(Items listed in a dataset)
********************

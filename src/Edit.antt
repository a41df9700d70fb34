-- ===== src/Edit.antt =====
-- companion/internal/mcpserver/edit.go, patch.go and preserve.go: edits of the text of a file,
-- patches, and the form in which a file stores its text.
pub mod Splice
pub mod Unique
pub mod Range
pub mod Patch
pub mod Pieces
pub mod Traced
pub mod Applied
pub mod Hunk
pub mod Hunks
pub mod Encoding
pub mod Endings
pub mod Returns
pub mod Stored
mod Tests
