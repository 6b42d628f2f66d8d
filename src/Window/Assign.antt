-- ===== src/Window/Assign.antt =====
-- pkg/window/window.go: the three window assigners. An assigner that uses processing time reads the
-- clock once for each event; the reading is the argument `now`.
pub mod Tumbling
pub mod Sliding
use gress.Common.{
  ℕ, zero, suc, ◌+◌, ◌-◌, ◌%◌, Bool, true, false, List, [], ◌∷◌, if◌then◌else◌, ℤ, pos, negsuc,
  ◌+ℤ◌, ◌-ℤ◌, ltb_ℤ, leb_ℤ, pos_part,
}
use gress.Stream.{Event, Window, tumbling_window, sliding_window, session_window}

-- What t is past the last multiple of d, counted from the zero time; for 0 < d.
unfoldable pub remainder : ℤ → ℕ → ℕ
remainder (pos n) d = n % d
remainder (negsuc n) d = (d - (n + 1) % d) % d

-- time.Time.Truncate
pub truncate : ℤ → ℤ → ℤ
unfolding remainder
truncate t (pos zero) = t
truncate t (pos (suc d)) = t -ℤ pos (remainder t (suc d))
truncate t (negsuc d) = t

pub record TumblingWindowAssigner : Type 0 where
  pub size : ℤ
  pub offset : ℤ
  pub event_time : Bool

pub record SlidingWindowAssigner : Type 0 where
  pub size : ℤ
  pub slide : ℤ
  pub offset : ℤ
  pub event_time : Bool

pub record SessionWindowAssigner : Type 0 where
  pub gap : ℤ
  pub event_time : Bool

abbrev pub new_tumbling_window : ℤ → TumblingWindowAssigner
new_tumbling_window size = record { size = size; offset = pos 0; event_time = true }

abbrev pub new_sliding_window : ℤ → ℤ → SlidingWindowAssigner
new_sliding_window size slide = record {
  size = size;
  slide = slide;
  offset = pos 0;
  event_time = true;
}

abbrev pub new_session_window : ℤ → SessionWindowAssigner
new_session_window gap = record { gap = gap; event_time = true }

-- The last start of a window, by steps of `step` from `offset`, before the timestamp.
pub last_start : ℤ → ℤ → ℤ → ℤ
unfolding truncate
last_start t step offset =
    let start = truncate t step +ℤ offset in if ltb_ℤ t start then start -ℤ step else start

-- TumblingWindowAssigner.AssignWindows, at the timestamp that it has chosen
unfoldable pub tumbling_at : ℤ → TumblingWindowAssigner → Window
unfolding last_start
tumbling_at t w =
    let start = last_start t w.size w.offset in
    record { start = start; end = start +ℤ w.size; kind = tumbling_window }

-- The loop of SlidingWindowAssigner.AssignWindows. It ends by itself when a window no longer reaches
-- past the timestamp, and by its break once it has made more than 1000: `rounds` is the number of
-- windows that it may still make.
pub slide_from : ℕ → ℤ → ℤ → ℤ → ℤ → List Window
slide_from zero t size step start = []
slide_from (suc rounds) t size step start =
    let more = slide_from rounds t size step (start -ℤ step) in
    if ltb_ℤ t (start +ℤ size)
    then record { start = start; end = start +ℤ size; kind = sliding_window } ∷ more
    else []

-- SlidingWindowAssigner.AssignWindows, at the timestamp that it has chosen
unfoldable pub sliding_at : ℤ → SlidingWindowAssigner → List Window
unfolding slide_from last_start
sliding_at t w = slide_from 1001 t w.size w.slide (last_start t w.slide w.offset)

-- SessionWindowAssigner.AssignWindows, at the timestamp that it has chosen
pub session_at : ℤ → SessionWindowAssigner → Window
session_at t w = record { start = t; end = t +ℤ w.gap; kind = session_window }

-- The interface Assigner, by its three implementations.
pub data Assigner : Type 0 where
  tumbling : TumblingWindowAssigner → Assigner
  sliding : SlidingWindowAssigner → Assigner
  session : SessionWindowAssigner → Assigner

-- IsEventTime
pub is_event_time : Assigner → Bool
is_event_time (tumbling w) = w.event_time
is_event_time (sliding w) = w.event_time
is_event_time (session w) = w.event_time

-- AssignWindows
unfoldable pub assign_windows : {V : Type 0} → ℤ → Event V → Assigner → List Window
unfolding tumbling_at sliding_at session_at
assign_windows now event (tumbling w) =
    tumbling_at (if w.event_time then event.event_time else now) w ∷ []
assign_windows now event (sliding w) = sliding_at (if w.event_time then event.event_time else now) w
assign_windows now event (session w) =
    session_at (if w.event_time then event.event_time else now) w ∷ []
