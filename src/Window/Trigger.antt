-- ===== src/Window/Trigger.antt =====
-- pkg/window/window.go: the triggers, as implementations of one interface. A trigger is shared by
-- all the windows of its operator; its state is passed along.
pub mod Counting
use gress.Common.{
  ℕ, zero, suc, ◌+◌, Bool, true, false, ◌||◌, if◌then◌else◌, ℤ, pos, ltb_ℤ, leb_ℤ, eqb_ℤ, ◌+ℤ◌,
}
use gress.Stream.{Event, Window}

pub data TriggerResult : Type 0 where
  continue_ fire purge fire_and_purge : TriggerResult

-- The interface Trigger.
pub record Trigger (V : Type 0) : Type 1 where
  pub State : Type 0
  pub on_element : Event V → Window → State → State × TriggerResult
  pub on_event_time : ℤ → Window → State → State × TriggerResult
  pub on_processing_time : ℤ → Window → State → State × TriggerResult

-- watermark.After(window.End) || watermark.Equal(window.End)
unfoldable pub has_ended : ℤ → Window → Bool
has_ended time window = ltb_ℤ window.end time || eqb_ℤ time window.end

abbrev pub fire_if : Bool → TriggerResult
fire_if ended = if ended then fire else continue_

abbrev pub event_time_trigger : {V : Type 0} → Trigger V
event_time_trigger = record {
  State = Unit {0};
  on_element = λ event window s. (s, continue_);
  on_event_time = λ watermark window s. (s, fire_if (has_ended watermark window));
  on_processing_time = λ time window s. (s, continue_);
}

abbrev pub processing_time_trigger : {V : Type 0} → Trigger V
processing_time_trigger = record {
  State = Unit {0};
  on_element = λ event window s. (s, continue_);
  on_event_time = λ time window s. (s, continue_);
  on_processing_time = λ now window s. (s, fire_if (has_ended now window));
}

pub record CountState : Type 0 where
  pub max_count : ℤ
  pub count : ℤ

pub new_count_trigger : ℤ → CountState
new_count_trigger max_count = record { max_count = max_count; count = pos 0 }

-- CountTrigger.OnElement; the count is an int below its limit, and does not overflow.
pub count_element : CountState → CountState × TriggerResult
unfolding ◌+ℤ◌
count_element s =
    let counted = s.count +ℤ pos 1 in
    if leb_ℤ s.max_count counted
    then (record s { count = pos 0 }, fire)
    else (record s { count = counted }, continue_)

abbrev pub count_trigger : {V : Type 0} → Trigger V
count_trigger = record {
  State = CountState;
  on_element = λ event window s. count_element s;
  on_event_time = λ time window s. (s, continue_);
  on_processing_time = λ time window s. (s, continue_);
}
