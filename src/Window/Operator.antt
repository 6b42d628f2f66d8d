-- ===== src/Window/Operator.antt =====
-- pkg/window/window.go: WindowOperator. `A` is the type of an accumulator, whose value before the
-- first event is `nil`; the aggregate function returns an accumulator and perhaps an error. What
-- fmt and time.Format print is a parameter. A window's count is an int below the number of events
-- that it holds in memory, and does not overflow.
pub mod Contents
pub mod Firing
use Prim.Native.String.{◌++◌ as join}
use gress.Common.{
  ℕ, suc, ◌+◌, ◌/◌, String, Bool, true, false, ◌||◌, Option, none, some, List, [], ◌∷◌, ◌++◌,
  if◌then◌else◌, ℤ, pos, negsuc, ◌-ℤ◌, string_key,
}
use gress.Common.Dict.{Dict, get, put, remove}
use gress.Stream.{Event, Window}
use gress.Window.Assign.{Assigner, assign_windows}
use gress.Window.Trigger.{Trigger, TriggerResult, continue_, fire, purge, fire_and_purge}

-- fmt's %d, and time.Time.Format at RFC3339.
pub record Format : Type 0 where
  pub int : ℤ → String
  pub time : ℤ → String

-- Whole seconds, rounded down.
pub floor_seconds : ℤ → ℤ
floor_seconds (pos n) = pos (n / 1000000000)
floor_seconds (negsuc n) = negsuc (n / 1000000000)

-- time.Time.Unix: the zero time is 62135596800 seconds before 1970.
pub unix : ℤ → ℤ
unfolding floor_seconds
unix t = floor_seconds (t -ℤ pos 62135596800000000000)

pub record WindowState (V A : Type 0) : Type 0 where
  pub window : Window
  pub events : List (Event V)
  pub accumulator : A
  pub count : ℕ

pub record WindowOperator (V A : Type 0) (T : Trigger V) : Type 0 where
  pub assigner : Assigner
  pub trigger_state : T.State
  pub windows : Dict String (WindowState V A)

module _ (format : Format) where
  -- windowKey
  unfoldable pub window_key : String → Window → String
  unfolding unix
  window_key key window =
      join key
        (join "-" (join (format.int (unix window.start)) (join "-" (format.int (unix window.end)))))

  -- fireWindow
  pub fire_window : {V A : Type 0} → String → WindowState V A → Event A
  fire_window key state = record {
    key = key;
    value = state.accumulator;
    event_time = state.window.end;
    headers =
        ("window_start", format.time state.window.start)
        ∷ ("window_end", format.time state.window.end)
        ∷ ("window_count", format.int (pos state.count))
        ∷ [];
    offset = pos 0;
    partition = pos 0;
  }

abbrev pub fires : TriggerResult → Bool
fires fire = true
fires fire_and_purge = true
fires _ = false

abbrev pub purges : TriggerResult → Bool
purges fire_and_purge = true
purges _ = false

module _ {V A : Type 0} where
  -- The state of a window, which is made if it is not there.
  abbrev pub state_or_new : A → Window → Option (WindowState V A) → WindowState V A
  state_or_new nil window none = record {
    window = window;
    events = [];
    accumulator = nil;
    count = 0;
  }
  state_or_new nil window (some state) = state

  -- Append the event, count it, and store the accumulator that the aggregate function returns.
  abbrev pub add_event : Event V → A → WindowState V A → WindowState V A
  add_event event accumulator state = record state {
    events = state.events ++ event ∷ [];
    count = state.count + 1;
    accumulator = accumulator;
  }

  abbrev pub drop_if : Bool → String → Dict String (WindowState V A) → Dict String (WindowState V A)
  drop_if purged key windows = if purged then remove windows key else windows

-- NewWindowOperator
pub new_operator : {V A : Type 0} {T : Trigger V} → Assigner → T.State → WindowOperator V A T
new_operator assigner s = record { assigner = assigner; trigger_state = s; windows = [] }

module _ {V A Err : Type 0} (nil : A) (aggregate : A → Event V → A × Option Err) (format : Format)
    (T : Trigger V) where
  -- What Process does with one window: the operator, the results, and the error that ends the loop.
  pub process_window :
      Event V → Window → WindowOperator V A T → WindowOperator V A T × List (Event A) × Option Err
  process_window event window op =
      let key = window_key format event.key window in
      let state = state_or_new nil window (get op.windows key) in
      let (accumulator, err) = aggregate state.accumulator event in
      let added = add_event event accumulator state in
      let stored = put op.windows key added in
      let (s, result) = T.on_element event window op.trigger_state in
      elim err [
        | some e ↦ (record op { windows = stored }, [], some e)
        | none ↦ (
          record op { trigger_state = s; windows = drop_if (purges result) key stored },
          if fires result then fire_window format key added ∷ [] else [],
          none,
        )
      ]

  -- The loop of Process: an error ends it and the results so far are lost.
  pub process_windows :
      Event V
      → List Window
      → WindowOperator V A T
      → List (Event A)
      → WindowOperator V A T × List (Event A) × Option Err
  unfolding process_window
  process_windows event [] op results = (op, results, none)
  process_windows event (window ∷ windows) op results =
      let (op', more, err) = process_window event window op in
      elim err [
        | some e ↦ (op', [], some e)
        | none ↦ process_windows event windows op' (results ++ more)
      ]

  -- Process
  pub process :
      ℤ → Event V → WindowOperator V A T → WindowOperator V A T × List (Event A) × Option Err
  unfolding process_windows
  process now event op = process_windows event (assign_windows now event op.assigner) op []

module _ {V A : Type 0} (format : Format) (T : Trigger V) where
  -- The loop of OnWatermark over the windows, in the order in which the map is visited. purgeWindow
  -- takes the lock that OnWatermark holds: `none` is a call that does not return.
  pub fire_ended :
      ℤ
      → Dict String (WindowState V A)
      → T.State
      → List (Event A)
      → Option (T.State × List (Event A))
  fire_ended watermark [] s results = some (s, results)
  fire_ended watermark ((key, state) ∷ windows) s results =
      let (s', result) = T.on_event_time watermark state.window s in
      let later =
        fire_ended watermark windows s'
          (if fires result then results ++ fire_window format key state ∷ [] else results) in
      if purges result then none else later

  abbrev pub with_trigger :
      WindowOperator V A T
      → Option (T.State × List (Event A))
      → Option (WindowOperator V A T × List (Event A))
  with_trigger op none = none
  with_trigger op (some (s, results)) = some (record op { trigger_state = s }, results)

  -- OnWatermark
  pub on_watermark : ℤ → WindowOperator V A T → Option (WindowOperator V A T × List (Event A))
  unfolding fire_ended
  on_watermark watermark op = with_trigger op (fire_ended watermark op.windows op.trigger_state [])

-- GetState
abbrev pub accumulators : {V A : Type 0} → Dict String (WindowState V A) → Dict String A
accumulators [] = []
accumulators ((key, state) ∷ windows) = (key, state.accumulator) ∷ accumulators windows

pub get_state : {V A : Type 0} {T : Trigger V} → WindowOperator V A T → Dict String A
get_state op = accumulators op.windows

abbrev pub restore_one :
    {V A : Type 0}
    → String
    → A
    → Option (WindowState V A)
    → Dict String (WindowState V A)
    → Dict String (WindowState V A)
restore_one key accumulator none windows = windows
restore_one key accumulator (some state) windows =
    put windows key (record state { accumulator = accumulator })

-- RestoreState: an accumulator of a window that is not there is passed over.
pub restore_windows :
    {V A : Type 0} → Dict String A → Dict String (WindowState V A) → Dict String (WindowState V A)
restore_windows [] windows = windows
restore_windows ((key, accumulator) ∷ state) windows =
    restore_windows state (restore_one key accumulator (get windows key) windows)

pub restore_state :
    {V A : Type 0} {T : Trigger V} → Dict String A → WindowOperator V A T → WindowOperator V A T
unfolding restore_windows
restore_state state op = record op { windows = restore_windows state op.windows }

********************

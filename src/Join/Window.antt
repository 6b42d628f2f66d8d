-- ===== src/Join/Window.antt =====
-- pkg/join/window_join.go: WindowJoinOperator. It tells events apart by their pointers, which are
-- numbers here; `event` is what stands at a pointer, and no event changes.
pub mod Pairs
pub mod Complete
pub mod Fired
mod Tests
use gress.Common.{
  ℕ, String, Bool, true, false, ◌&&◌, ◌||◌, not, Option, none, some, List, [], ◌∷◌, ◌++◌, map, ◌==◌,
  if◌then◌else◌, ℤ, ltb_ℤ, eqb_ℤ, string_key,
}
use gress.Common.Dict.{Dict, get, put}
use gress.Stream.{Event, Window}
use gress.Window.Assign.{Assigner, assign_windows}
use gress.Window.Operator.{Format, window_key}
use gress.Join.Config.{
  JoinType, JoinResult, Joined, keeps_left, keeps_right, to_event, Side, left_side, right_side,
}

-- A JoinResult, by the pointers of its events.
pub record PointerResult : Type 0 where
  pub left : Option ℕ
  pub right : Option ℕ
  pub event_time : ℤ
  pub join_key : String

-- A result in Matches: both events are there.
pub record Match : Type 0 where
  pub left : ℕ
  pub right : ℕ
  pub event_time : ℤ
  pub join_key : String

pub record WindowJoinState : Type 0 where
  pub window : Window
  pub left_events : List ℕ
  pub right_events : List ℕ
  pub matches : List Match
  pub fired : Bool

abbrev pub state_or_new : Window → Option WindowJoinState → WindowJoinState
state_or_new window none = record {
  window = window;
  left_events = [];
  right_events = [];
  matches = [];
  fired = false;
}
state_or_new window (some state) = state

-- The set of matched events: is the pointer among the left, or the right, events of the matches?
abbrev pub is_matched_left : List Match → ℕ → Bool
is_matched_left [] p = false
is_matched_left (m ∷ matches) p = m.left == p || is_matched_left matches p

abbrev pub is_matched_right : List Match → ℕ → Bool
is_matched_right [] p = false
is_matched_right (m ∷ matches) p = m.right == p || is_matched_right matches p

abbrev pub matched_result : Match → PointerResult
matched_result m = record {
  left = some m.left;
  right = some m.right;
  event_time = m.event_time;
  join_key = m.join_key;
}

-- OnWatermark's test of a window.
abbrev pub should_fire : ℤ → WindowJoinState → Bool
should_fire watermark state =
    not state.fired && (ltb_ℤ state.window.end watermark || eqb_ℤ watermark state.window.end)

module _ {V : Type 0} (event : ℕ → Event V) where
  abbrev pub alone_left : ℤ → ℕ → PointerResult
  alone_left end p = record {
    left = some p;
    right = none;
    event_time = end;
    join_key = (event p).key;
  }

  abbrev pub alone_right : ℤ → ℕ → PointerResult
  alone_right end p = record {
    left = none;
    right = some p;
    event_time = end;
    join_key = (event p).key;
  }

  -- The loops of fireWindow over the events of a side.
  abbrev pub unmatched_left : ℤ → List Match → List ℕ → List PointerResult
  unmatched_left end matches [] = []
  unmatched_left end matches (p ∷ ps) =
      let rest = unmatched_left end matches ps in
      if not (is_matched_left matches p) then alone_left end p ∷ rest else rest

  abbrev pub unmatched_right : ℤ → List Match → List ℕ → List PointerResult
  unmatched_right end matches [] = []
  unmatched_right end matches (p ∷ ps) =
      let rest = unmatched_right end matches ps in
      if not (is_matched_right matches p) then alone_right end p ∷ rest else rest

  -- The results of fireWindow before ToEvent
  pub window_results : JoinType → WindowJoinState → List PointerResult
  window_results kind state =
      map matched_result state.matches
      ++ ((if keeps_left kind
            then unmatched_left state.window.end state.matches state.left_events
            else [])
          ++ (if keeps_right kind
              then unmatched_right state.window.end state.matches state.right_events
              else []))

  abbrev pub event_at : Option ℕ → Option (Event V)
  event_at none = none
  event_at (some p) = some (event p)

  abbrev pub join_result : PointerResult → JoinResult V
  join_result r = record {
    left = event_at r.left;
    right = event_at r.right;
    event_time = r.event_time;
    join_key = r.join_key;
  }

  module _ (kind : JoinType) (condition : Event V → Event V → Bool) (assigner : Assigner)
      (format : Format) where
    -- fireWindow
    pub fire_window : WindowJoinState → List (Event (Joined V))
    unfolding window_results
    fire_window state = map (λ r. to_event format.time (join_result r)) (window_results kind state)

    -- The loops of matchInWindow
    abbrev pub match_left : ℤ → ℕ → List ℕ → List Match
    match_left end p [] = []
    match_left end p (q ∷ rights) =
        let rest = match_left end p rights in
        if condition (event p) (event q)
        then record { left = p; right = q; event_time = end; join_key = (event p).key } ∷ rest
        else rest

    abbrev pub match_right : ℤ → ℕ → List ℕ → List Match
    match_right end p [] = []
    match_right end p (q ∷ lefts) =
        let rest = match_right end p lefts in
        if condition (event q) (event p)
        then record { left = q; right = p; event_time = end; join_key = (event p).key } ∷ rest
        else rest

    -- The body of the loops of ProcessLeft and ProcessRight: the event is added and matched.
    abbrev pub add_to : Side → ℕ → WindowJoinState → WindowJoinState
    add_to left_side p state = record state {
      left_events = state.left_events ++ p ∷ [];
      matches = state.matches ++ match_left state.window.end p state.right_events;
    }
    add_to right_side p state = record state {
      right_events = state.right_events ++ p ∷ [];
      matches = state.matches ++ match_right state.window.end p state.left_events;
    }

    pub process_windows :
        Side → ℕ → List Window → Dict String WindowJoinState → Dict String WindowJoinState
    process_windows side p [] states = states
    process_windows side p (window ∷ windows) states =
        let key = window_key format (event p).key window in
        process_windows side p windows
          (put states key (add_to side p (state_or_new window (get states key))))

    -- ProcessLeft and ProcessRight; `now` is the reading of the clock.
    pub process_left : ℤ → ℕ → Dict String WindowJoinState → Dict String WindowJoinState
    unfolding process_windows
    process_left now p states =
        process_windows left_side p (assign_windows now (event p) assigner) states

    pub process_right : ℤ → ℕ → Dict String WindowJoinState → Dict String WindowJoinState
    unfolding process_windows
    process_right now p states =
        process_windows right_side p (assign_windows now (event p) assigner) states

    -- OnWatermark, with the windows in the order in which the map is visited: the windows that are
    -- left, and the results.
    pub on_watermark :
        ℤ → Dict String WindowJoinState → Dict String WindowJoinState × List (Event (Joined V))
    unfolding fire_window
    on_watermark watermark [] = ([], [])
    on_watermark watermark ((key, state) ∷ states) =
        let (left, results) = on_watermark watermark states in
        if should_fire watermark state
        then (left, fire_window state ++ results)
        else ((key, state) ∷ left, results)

********************

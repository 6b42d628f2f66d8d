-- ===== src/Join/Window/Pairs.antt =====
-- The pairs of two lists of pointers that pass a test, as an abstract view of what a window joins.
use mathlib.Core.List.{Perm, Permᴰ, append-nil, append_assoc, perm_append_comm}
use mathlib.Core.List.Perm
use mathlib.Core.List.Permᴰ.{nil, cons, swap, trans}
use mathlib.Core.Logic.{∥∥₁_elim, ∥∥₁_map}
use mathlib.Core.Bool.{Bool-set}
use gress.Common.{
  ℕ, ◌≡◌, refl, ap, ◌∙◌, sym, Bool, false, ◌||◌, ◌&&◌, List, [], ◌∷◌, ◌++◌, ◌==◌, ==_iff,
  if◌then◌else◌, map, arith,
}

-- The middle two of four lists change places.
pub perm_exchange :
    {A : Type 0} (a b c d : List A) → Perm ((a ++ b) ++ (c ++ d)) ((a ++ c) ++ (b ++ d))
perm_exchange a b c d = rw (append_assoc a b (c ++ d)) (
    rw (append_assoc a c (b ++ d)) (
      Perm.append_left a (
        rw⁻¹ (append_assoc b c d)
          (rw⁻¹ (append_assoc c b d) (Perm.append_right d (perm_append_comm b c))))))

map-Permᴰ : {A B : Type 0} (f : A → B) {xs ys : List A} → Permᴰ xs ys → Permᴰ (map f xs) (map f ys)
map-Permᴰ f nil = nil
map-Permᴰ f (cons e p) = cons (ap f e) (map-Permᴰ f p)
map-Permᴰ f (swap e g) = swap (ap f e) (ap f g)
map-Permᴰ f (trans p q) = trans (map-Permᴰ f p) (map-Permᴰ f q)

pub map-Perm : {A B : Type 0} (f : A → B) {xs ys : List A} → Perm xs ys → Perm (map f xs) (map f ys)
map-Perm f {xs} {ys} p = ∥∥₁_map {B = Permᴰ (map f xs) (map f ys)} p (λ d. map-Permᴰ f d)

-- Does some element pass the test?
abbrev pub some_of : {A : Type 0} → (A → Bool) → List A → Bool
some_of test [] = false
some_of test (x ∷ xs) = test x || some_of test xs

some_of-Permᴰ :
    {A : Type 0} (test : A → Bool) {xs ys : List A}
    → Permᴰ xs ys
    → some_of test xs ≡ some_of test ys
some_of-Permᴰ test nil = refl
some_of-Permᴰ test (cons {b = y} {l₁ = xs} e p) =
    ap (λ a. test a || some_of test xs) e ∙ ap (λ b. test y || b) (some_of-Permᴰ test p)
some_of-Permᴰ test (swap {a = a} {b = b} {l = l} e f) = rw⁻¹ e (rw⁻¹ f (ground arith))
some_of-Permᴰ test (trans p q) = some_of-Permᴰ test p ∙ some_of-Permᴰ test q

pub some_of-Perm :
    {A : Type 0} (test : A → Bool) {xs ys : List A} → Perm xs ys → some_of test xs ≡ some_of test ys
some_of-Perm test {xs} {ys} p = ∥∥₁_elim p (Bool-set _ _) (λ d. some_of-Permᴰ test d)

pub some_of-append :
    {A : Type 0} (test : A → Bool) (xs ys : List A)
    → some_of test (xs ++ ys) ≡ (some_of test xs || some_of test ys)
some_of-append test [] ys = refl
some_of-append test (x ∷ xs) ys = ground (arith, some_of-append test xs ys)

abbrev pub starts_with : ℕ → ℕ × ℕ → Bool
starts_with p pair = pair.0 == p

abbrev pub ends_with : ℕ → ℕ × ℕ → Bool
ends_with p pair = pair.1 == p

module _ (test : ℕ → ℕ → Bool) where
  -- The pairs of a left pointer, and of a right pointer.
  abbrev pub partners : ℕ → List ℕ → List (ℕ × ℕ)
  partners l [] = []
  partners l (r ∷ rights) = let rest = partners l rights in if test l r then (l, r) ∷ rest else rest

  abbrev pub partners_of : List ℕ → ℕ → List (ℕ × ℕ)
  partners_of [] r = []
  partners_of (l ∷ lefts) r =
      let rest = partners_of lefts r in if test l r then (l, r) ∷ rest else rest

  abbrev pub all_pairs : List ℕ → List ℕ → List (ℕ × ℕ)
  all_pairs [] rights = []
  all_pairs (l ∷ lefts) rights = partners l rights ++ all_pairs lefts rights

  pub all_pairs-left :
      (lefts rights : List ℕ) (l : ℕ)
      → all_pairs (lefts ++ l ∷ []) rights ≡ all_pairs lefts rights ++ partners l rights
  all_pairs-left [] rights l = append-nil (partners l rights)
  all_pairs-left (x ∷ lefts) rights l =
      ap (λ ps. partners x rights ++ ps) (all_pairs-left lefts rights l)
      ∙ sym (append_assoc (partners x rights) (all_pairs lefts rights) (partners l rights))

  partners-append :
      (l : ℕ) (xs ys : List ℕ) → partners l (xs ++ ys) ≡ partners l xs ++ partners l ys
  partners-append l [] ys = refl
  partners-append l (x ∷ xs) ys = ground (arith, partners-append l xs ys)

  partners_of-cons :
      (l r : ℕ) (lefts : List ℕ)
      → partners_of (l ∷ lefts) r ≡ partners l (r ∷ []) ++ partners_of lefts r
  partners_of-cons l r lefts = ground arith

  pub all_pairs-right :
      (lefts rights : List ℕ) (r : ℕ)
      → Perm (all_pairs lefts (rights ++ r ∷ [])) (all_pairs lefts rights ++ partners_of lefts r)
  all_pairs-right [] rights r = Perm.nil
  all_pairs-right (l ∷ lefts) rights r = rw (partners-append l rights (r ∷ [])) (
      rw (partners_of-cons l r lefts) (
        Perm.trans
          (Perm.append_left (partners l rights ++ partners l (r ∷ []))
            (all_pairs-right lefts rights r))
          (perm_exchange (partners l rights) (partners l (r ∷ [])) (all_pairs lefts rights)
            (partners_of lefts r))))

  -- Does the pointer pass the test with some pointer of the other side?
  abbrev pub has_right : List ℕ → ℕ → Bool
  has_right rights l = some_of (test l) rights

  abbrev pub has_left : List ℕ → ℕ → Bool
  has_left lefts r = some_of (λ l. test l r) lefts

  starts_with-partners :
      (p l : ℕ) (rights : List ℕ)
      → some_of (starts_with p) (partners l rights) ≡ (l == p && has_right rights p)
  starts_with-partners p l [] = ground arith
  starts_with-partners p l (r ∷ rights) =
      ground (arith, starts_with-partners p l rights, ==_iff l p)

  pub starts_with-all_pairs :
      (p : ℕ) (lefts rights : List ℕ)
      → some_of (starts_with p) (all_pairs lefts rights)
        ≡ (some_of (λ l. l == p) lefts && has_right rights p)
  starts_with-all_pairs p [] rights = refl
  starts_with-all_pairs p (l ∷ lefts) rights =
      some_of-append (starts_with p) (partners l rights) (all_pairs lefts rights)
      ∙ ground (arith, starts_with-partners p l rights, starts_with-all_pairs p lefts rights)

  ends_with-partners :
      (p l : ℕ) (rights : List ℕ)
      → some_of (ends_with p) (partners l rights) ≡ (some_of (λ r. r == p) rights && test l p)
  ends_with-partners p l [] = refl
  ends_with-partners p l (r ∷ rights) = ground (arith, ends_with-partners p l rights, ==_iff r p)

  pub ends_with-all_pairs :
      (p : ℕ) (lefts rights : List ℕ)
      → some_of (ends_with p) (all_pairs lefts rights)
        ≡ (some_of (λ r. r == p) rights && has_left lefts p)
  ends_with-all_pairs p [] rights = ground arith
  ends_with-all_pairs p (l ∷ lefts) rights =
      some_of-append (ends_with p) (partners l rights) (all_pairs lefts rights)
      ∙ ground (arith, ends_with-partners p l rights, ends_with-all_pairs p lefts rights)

********************

Which lines in the records above hold the string "ground"? Copy each of them.

some_of-Permᴰ test (swap {a = a} {b = b} {l = l} e f) = rw⁻¹ e (rw⁻¹ f (ground arith))
some_of-append test (x ∷ xs) ys = ground (arith, some_of-append test xs ys)
  partners-append l (x ∷ xs) ys = ground (arith, partners-append l xs ys)
  partners_of-cons l r lefts = ground arith
  starts_with-partners p l [] = ground arith
      ground (arith, starts_with-partners p l rights, ==_iff l p)
      ∙ ground (arith, starts_with-partners p l rights, starts_with-all_pairs p lefts rights)
  ends_with-partners p l (r ∷ rights) = ground (arith, ends_with-partners p l rights, ==_iff r p)
  ends_with-all_pairs p [] rights = ground arith
      ∙ ground (arith, ends_with-partners p l rights, ends_with-all_pairs p lefts rights)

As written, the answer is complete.